_Items from a data source_
[Start of Attachment]

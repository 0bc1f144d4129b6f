-- ===== src/Iotop/Loop.antt =====
-- The loop of `main` in iotop-master/src/main.c, which compares each sample with the one before it and
-- frees it. Samples are numbered, and a sample with no process is freed like the others, which does
-- nothing.
pub mod Ownership
use reading_comment.Common.{
  ℕ, zero, suc, ◌+◌, ◌-◌, ◌%◌, ◌^◌, Bool, true, false, not, ◌&&◌, Option, none, some, List, [], ◌∷◌,
  ◌++◌, ltb, ◌==◌, if◌then◌else◌, sub32, u32_mod,
}

-- `fetch_data`, `view(cs, ps)` and `free_stats_chain`
pub data Event : Type 0 where
  fetched : ℕ → Event
  viewed : ℕ → Option ℕ → Event
  freed : ℕ → Event

abbrev free_previous : Option ℕ → List Event
free_previous none = []
free_previous (some ps) = freed ps ∷ []

-- `params.iter > -1 && --params.iter == 0`, and `params.iter` behind it
unfoldable pub count_down : ℕ → Bool × ℕ
count_down iter = if ltb iter (2 ^ 31) then (sub32 iter 1 == 0, sub32 iter 1) else (false, iter)

abbrev pub after : List Event → Option (List Event) → Option (List Event)
after es none = none
after es (some fs) = some (es ++ fs)

-- The loop from the round that fetches sample `cs`, with the sample `ps` at hand; `stops` is what
-- `do_sleep` returns behind each round. `none` is a loop of more than `fuel` rounds.
unfoldable pub rounds : (ℕ → Bool) → ℕ → ℕ → ℕ → Option ℕ → Option (List Event)
rounds stops zero iter cs ps = none
rounds stops (suc fuel) iter cs ps =
    let round = fetched cs ∷ viewed cs ps ∷ free_previous ps in
    let rest = rounds stops fuel (count_down iter).1 (suc cs) (some cs) in
    if (count_down iter).0
    then some (round ++ (freed cs ∷ []))
    else if stops cs
    then some (round ++ (freed cs ∷ []))
    else after round rest
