-- ===== src/Iotop/Loop/Ownership.antt =====
-- Each sample of iotop (iotop-master/src/main.c) is freed once, and not used behind that.
use reading_comment.Common.{
  ℕ, zero, suc, ◌-◌, ◌^◌, ◌<◌, ◌≤◌, ◌≡◌, refl, Bool, true, false, ◌&&◌, Option, none, some, List,
  [], ◌∷◌, ◌++◌, ◌==◌, if◌then◌else◌, arith, Bool-cases, inl, inr, ◌∙◌,
}
use native.Mathlib.Decide.{ℕ_discrete}
use reading_comment.Iotop.Loop.{Event, fetched, viewed, freed, count_down, free_previous, rounds}

abbrev pub is_live : ℕ → List ℕ → Bool
is_live n [] = false
is_live n (m ∷ ms) = if n == m then true else is_live n ms

abbrev pub without : ℕ → List ℕ → List ℕ
without n [] = []
without n (m ∷ ms) = if n == m then ms else m ∷ without n ms

abbrev pub may_view : Option ℕ → List ℕ → Bool
may_view none live = true
may_view (some n) live = is_live n live

-- The samples that are in use after some events; `none` if one was viewed or freed that was not in use.
abbrev pub monitor : List ℕ → List Event → Option (List ℕ)
monitor live [] = some live
monitor live (fetched n ∷ es) = monitor (n ∷ live) es
monitor live (viewed n ps ∷ es) =
    if is_live n live && may_view ps live then monitor live es else none
monitor live (freed n ∷ es) = if is_live n live then monitor (without n live) es else none

abbrev pub samples : Option ℕ → List ℕ
samples none = []
samples (some n) = n ∷ []

-- The sample at hand is the one in front of the next.
abbrev InFront : ℕ → Option ℕ → Type 0
InFront cs none = Unit
InFront cs (some ps) = cs ≡ suc ps

last_round :
    (cs : ℕ) (ps : Option ℕ)
    → InFront cs ps
    → monitor (samples ps) ((fetched cs ∷ viewed cs ps ∷ free_previous ps) ++ (freed cs ∷ []))
      ≡ some []
last_round cs none h = ground arith
last_round cs (some ps) h = ground arith

one_round :
    (cs : ℕ) (ps : Option ℕ) (es : List Event)
    → InFront cs ps
    → monitor (samples ps) ((fetched cs ∷ viewed cs ps ∷ free_previous ps) ++ es)
      ≡ monitor (cs ∷ []) es
one_round cs none es h = ground arith
one_round cs (some ps) es h = ground arith

-- How many samples were taken
abbrev pub fetches : List Event → ℕ
fetches [] = 0
fetches (fetched n ∷ es) = suc (fetches es)
fetches (viewed n ps ∷ es) = fetches es
fetches (freed n ∷ es) = fetches es

fetches-last :
    (cs : ℕ) (ps : Option ℕ)
    → fetches ((fetched cs ∷ viewed cs ps ∷ free_previous ps) ++ (freed cs ∷ [])) ≡ 1
fetches-last cs none = refl
fetches-last cs (some ps) = refl

fetches-round :
    (cs : ℕ) (ps : Option ℕ) (es : List Event)
    → fetches ((fetched cs ∷ viewed cs ps ∷ free_previous ps) ++ es) ≡ suc (fetches es)
fetches-round cs none es = refl
fetches-round cs (some ps) es = refl

counted_last : (iter : ℕ) → iter ≡ 1 → (count_down iter).0 ≡ true
unfolding count_down
counted_last iter h = ground arith

counted_more : (iter : ℕ) → 1 < iter → iter < 2 ^ 31 → count_down iter ≡ (false, iter - 1)
unfolding count_down
counted_more iter h k = ground arith

-- The loop of `main`, with a round for each of the `iter` that `-n` asks for, ends: with at most
-- `iter` samples taken, each used only between its `fetch_data` and its one `free_stats_chain`, and
-- each freed.
pub rounds-monitor :
    (stops : ℕ → Bool) (fuel iter cs : ℕ) (ps : Option ℕ)
    → 0 < iter
    → iter < 2 ^ 31
    → iter ≤ fuel
    → InFront cs ps
    → (es : List Event) × (rounds stops fuel iter cs ps ≡ some es)
      × (monitor (samples ps) es ≡ some [])
      × (fetches es ≤ iter)
unfolding rounds
rounds-monitor stops zero iter cs ps h k l f = absurd (omega arith)
rounds-monitor stops (suc fuel) iter cs ps h k l f = elim (ℕ_discrete iter 1) [
  | yes last ↦ (
    (fetched cs ∷ viewed cs ps ∷ free_previous ps) ++ (freed cs ∷ []),
    rw (counted_last iter last) refl,
    last_round cs ps f,
    omega (arith, fetches-last cs ps),
  )
  | no more ↦ elim (Bool-cases (stops cs)) [
    | inl y ↦ (
      (fetched cs ∷ viewed cs ps ∷ free_previous ps) ++ (freed cs ∷ []),
      rw (counted_more iter (omega arith) k, y) refl,
      last_round cs ps f,
      omega (arith, fetches-last cs ps),
    )
    | inr n ↦
        let (es, run, clean, few) =
          rounds-monitor stops fuel (iter - 1) (suc cs) (some cs) (omega arith) (omega arith)
            (omega arith) refl in
        (
          (fetched cs ∷ viewed cs ps ∷ free_previous ps) ++ es,
          rw (counted_more iter (omega arith) k, n, run) refl,
          one_round cs ps es f ∙ clean,
          omega (arith, few, fetches-round cs ps es),
        )
  ]
]
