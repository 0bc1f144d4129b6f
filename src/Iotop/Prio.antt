-- ===== src/Iotop/Prio.antt =====
-- `str_ioprio` of iotop-master/src/ioprio.c.
use reading_comment.Common.{
  ℕ, zero, suc, ◌+◌, ◌-◌, ◌/◌, ◌%◌, ◌^◌, ◌<◌, ◌≤◌, ◌≡◌, ◌⊎◌, inl, inr, refl, true, false, Option,
  none, some, [], ◌∷◌, ◌++◌, ltb, ◌==◌, if◌then◌else◌, take, length, arith, slt32, u32_mod,
  Bool-cases,
}
use native.Mathlib.Decide.{dec_lt}
use reading_comment.Common.Bytes.{Bytes, codes}
use reading_comment.Common.Strings.{decimal_onto}

-- `str_ioprio_class`; `none` is outside the array.
abbrev str_ioprio_class : ℕ → Option Bytes
str_ioprio_class zero = some (codes "-")
str_ioprio_class (suc zero) = some (codes "rt")
str_ioprio_class (suc (suc zero)) = some (codes "be")
str_ioprio_class (suc (suc (suc zero))) = some (codes "id")
str_ioprio_class (suc (suc (suc (suc _)))) = none

-- `io_prio >> IOPRIO_CLASS_SHIFT` of an `int`, which keeps the sign
abbrev io_class : ℕ → ℕ
io_class io_prio =
    if ltb io_prio (2 ^ 31) then io_prio / 2 ^ 13 else io_prio / 2 ^ 13 + (u32_mod - 2 ^ 19)

-- "%2s" for a text that is not empty
abbrev pad : Bytes → Bytes
pad class = if length class == 1 then b' ' ∷ class else class

-- "%2s/%1i"
abbrev format : Bytes → ℕ → Bytes
format class n = pad class ++ (b'/' ∷ decimal_onto 3 n [])

-- `str_ioprio`: the text, cut to the 4 bytes that `snprintf` leaves room for. `none` is a class in
-- front of the array, which a negative `io_prio` has: only classes from 4 on are refused.
unfoldable pub str_ioprio : ℕ → Option Bytes
str_ioprio io_prio =
    if slt32 (io_class io_prio) 4
    then elim (str_ioprio_class (io_class io_prio)) [
      | none ↦ none
      | some class ↦ some (take 4 (format class (io_prio % 256)))
    ]
    else some (codes "xx/x")

grows : (fuel n : ℕ) (l : Bytes) → length l ≤ length (decimal_onto fuel n l)
unfolding decimal_onto
grows zero n l = omega arith
grows (suc fuel) n l =
    let more = grows fuel (n / 10) ((b'0' + n % 10) ∷ l) in
    elim (Bool-cases (n / 10 == 0)) [
      | inl y ↦ rw y (omega arith)
      | inr m ↦ rw m (omega (arith, more))
    ]

-- A number has a digit.
has_digit : (fuel n : ℕ) → 1 ≤ length (decimal_onto (suc fuel) n [])
unfolding decimal_onto
has_digit fuel n =
    let more = grows fuel (n / 10) ((b'0' + n % 10) ∷ []) in
    elim (Bool-cases (n / 10 == 0)) [
      | inl y ↦ rw y (omega arith)
      | inr m ↦ rw m (omega (arith, more))
    ]

cut : (a b : ℕ) (digits : Bytes) → 1 ≤ length digits → length (take 4 (a ∷ b ∷ b'/' ∷ digits)) ≡ 4
cut a b [] h = absurd (omega arith)
cut a b (x ∷ digits) h = refl

class_lem :
    (c n : ℕ)
    → c < 4
    → (class : Bytes) × (str_ioprio_class c ≡ some class) × (length (take 4 (format class n)) ≡ 4)
class_lem zero n h = (codes "-", refl, cut b' ' b'-' (decimal_onto 3 n []) (has_digit 2 n))
class_lem (suc zero) n h = (codes "rt", refl, cut b'r' b't' (decimal_onto 3 n []) (has_digit 2 n))
class_lem (suc (suc zero)) n h =
    (codes "be", refl, cut b'b' b'e' (decimal_onto 3 n []) (has_digit 2 n))
class_lem (suc (suc (suc zero))) n h =
    (codes "id", refl, cut b'i' b'd' (decimal_onto 3 n []) (has_digit 2 n))
class_lem (suc (suc (suc (suc c)))) n h = absurd (omega arith)

out_of_range : (c : ℕ) → 3 < c → str_ioprio_class c ≡ none
out_of_range c h = ground arith

small_class : (n : ℕ) → n < 2 ^ 15 → (io_class n < 4) × (slt32 (io_class n) 4 ≡ true)
small_class n h = (ground arith, ground arith)

large_class : (n : ℕ) → n < 2 ^ 31 → 2 ^ 15 ≤ n → slt32 (io_class n) 4 ≡ false
large_class n h k = ground arith

negative_class :
    (n : ℕ) → n < u32_mod → 2 ^ 31 ≤ n → (3 < io_class n) × (slt32 (io_class n) 4 ≡ true)
negative_class n h k = (ground arith, ground arith)

-- `str_ioprio` of a 32-bit `io_prio` gives a text of 4 bytes if `io_prio` is not negative, and else
-- reads in front of the array of class names.
pub str_ioprio-text :
    (io_prio : ℕ)
    → io_prio < u32_mod
    → ((io_prio < 2 ^ 31) × (text : Bytes) × (str_ioprio io_prio ≡ some text) × (length text ≡ 4))
      ⊎ ((2 ^ 31 ≤ io_prio) × (str_ioprio io_prio ≡ none))
unfolding str_ioprio
str_ioprio-text n h = elim (dec_lt n (2 ^ 31)) [
  | yes y ↦ elim (dec_lt n (2 ^ 15)) [
    | yes small ↦
        let (bound, signed) = small_class n small in
        let (class, e, four) = class_lem (io_class n) (n % 256) bound in
        inl (y, take 4 (format class (n % 256)), rw (signed, e) refl, four)
    | no large ↦ inl (y, codes "xx/x", rw (large_class n y (omega arith)) refl, refl)
  ]
  | no negative ↦
      let (bound, signed) = negative_class n h (omega arith) in
      inr (omega arith, rw (signed, out_of_range (io_class n) bound) refl)
]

[End of Attachment]

Out of the data above, set down the lines from the one with "returns behind each" to the one with "is_live n [] = false", both included, exactly as written and with no additions.

-- `do_sleep` returns behind each round. `none` is a loop of more than `fuel` rounds.
unfoldable pub rounds : (ℕ → Bool) → ℕ → ℕ → ℕ → Option ℕ → Option (List Event)
rounds stops zero iter cs ps = none
rounds stops (suc fuel) iter cs ps =
    let round = fetched cs ∷ viewed cs ps ∷ free_previous ps in
    let rest = rounds stops fuel (count_down iter).1 (suc cs) (some cs) in
    if (count_down iter).0
    then some (round ++ (freed cs ∷ []))
    else if stops cs
    then some (round ++ (freed cs ∷ []))
    else after round rest
-- ===== src/Iotop/Loop/Ownership.antt =====
-- Each sample of iotop (iotop-master/src/main.c) is freed once, and not used behind that.
use reading_comment.Common.{
  ℕ, zero, suc, ◌-◌, ◌^◌, ◌<◌, ◌≤◌, ◌≡◌, refl, Bool, true, false, ◌&&◌, Option, none, some, List,
  [], ◌∷◌, ◌++◌, ◌==◌, if◌then◌else◌, arith, Bool-cases, inl, inr, ◌∙◌,
}
use native.Mathlib.Decide.{ℕ_discrete}
use reading_comment.Iotop.Loop.{Event, fetched, viewed, freed, count_down, free_previous, rounds}

abbrev pub is_live : ℕ → List ℕ → Bool
is_live n [] = false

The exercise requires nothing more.